Rock Chick Revolution(215)

Hector said if I had a case he could work with me, he was there.

It would have to be pre- or post-stripping (likely post, which would make it a long night), but we could hit the houses, gain entry cops couldn’t by being badasses (or Hector could be one; I’d pretend to be one), hope they didn’t immediately fence the property they stole and therefore call it into Eddie or Hank so they could get a search warrant and roll in.

“I’ll take the case,” I said to Mr. Kumar.

He grinned.

“I said, I got an eye out!” Tex boomed, and I looked up at him.

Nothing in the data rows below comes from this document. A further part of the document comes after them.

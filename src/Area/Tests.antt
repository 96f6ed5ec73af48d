-- ===== src/Area/Tests.antt =====
-- Runs of module/chunk.c and module/diff_area.c with an area of four chunks, and the theorems at them.
use mathlib.Core.Option.{none-ne-some}
use blksnap.Prelude.{suc, zero, ◌≡◌, refl, Bool, true, false, Option, none, some, [], ◌∷◌, arith}
use blksnap.Kernel.{Ret, ok, dividing, default_params}
use blksnap.Storage.{DiffStorage, DiffRegion}
use blksnap.Buffer.{DiffBuffer, diff_buffer_take}
use blksnap.Area.Data.{
  Chunk, ChunkState, no_bits, DiffArea, Answers, down, async_read, async_write, DiffIo,
}
use blksnap.Area.Phases.{safe, Phase, empty, at}
use blksnap.Area.Chunk.{chunk_async_load_orig, chunk_notify_load}
use blksnap.Area.Chunk.Life.{alloc_lem}
use blksnap.Area.Copy.{diff_area_copy, continue, copy_chunk, copy_fresh}
use blksnap.Area.Copy.Loop.{Sound}
use blksnap.Area.Copy.Whole.{Copied, diff_area_copy_lem}
use blksnap.Area.Image.{open_chunk}
use blksnap.Area.History.{start, next, loads}
use blksnap.Area.Protected.{protected_for_ever}
use blksnap.Area.Size.{OrigBdev, Making}

abbrev some_buffer : DiffBuffer
some_buffer = record { size = 262144; page_count = 64 }

abbrev some_region : DiffRegion
some_region = record { bdev = 2; sector = 0; count = 512 }

abbrev a_chunk : Bool → ChunkState → Option DiffBuffer → Option DiffRegion → Option DiffIo → Chunk
a_chunk l s b r io = record {
  number = 3;
  sector_count = 512;
  locked = l;
  state = s;
  diff_buffer = b;
  diff_region = r;
  diff_io = io;
}

abbrev new_chunk : Chunk
new_chunk = record (a_chunk false no_bits none none none) { sector_count = 0 }

abbrev pub storage : DiffStorage
storage = record {
  storage_bdevs = [];
  empty_blocks = record { bdev = 2; sector = 0; count = 4096; used = 0 } ∷ [];
  filled_blocks = [];
  capacity = 4096;
  filled = 0;
  requested = 4096;
  low_space_flag = 0;
  overflow_flag = 0;
  event_queue = [];
}

abbrev an_area : DiffArea
an_area = record {
  orig_bdev = 1;
  diff_storage = storage;
  chunk_shift = 18;
  chunk_count = 4;
  chunk_map = [];
  read_cache_queue = [];
  read_cache_count = 0;
  write_cache_queue = [];
  write_cache_count = 0;
  cache_release_work = false;
  pool = record { free_diff_buffers = some_buffer ∷ []; free_diff_buffers_count = 1 };
  corrupt_flag = false;
  pending_io_count = 0;
}

abbrev pub fine : Answers
fine = record {
  killed = false;
  pages = record { alloc = true; page = λ _. true };
  io_alloc = true;
  io_do = ok;
  orig_error = ok;
  diff_error = ok;
  region_alloc = true;
  alarm = record { alloc = true; time = 9 };
}

abbrev reading_area : DiffArea
reading_area = record an_area {
  pool = record { free_diff_buffers = []; free_diff_buffers_count = 0 };
  pending_io_count = 1;
}

abbrev reading_chunk : Chunk
reading_chunk = record new_chunk {
  locked = true;
  state = record no_bits { is_loading = true };
  diff_buffer = some some_buffer;
  diff_io = some async_read;
}

copy_starts :
    copy_chunk dividing default_params fine false an_area (down new_chunk)
    ≡ continue reading_area reading_chunk
unfolding copy_chunk copy_fresh diff_buffer_take chunk_async_load_orig
copy_starts = refl

protected_for_ever_example :
    let c = (chunk_notify_load default_params fine reading_area reading_chunk ok).1 in
    ((p : Phase) × (at p c ≡ true) × (safe p ≡ true))
    × (c.locked ≡ false
        → (k : Answers) (a : DiffArea) (orig : Ret)
        → open_chunk dividing default_params k a (down c)
          ≡ open_chunk dividing default_params (record k { orig_error = orig }) a (down c))
protected_for_ever_example =
    protected_for_ever dividing default_params 3 new_chunk new_chunk
      (chunk_notify_load default_params fine reading_area reading_chunk ok).1 fine false an_area
      reading_area reading_chunk (alloc_lem default_params 3) (start new_chunk) refl copy_starts
      (next reading_chunk reading_chunk
        (chunk_notify_load default_params fine reading_area reading_chunk ok).1
        (start reading_chunk) (loads fine reading_area reading_chunk ok refl))

abbrev written : Chunk
written =
    a_chunk true (record no_bits { is_buffer_ready = true; is_storing = true; is_dirty = true })
      (some some_buffer) (some some_region) (some async_write)

abbrev cached_chunk : (is_locked is_dirty : Bool) → Chunk
cached_chunk is_locked is_dirty =
    a_chunk is_locked (record no_bits { is_buffer_ready = true; is_dirty = is_dirty })
      (some some_buffer) none none

abbrev pub disk : OrigBdev
disk = record { dev = 1; bdev_nr_sectors = 1000000; bdev_io_min = 4096 }

abbrev making : Making
making = record { opened = ok; area_alloc = true; chunk_alloc_ok = λ _. true; insert = λ _. ok }

abbrev pub two_chunks : DiffArea
two_chunks = record an_area {
  chunk_map = record new_chunk { number = 0 } ∷ record new_chunk { number = 1 } ∷ [];
  chunk_count = 2;
}

pub two_chunks-Sound : Sound two_chunks
two_chunks-Sound zero c found = (ground (arith, found), (empty, ground (arith, found)))
two_chunks-Sound (suc zero) c found = (ground (arith, found), (empty, ground (arith, found)))
two_chunks-Sound (suc (suc j)) c found = absurd (none-ne-some c found)

-- A write of 600 sectors that starts in the first chunk and ends in the second.
diff_area_copy_lem_example :
    Copied 9 300 600 (diff_area_copy dividing default_params 4 (λ _. fine) two_chunks 300 600 false)
diff_area_copy_lem_example =
    diff_area_copy_lem dividing default_params (λ _. fine) false two_chunks 9 300 600 2
      two_chunks-Sound refl (omega arith) (omega arith) (omega arith)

“You’re getting married tomorrow,” I reminded him.

“Yeah, and it’s no big deal. A piece of paper. Nance already lives with me and we’re not takin’ a honeymoon for a coupla weeks ‘cause she’s got some cruise she wants to take and they were all booked up for the week we wanted so we had to wait. So I can keep an eye out.”

He said a lot of words, but I was stuck on one thing.

Tex was going on a cruise?

Tex was going to be confined on a cruise ship with hundreds of other passengers?

Tex was going to be lumbering around the decks in his jeans and flannels with his wild-ass beard and hair, frightening unsuspecting vacationers… on a cruise?

I burst out laughing.

“What’s funny?” Tex asked.

“You,” I choked out, “On a cruise.” I looked to Indy and saw her shoulders shaking.

“What’s funny about that?” Tex demanded to know.

“You,” I choked out again. “On a cruise.”

“I know,” Jet said from behind me, having returned from one of her seven hundred daily pregnancy-related bathroom breaks. “I laughed for fifteen minutes when Mom told me.”

“Tex on a cruise!” I cried.

“Shut it, woman,” Tex ordered.

I kept laughing.

“It’s not that funny,” Tex boomed.

It totally was.

I looked to Jet. “You make your mom promise to take pictures. Lots of them.”

Tex growled.

I looked back at him and kept laughing.

His eyes narrowed and he declared, “You’re on this case, I’m workin’ with you.”

I swallowed laughter, wiped a tear of hilarity from my eye and caught his.

“Fine. You make a list of houses we need to hit. I’ll call Hector, who said he’d work a case with me. I’ll get a night when we can hit them before you go on your,” I swallowed again then forced out, “Cruise. Then we go out and hit them. We find stolen property, we call it into the cops. Yeah?”

“Yeah,” Tex grunted.

“Can I get a coffee?” A man standing behind Mr. Kumar asked.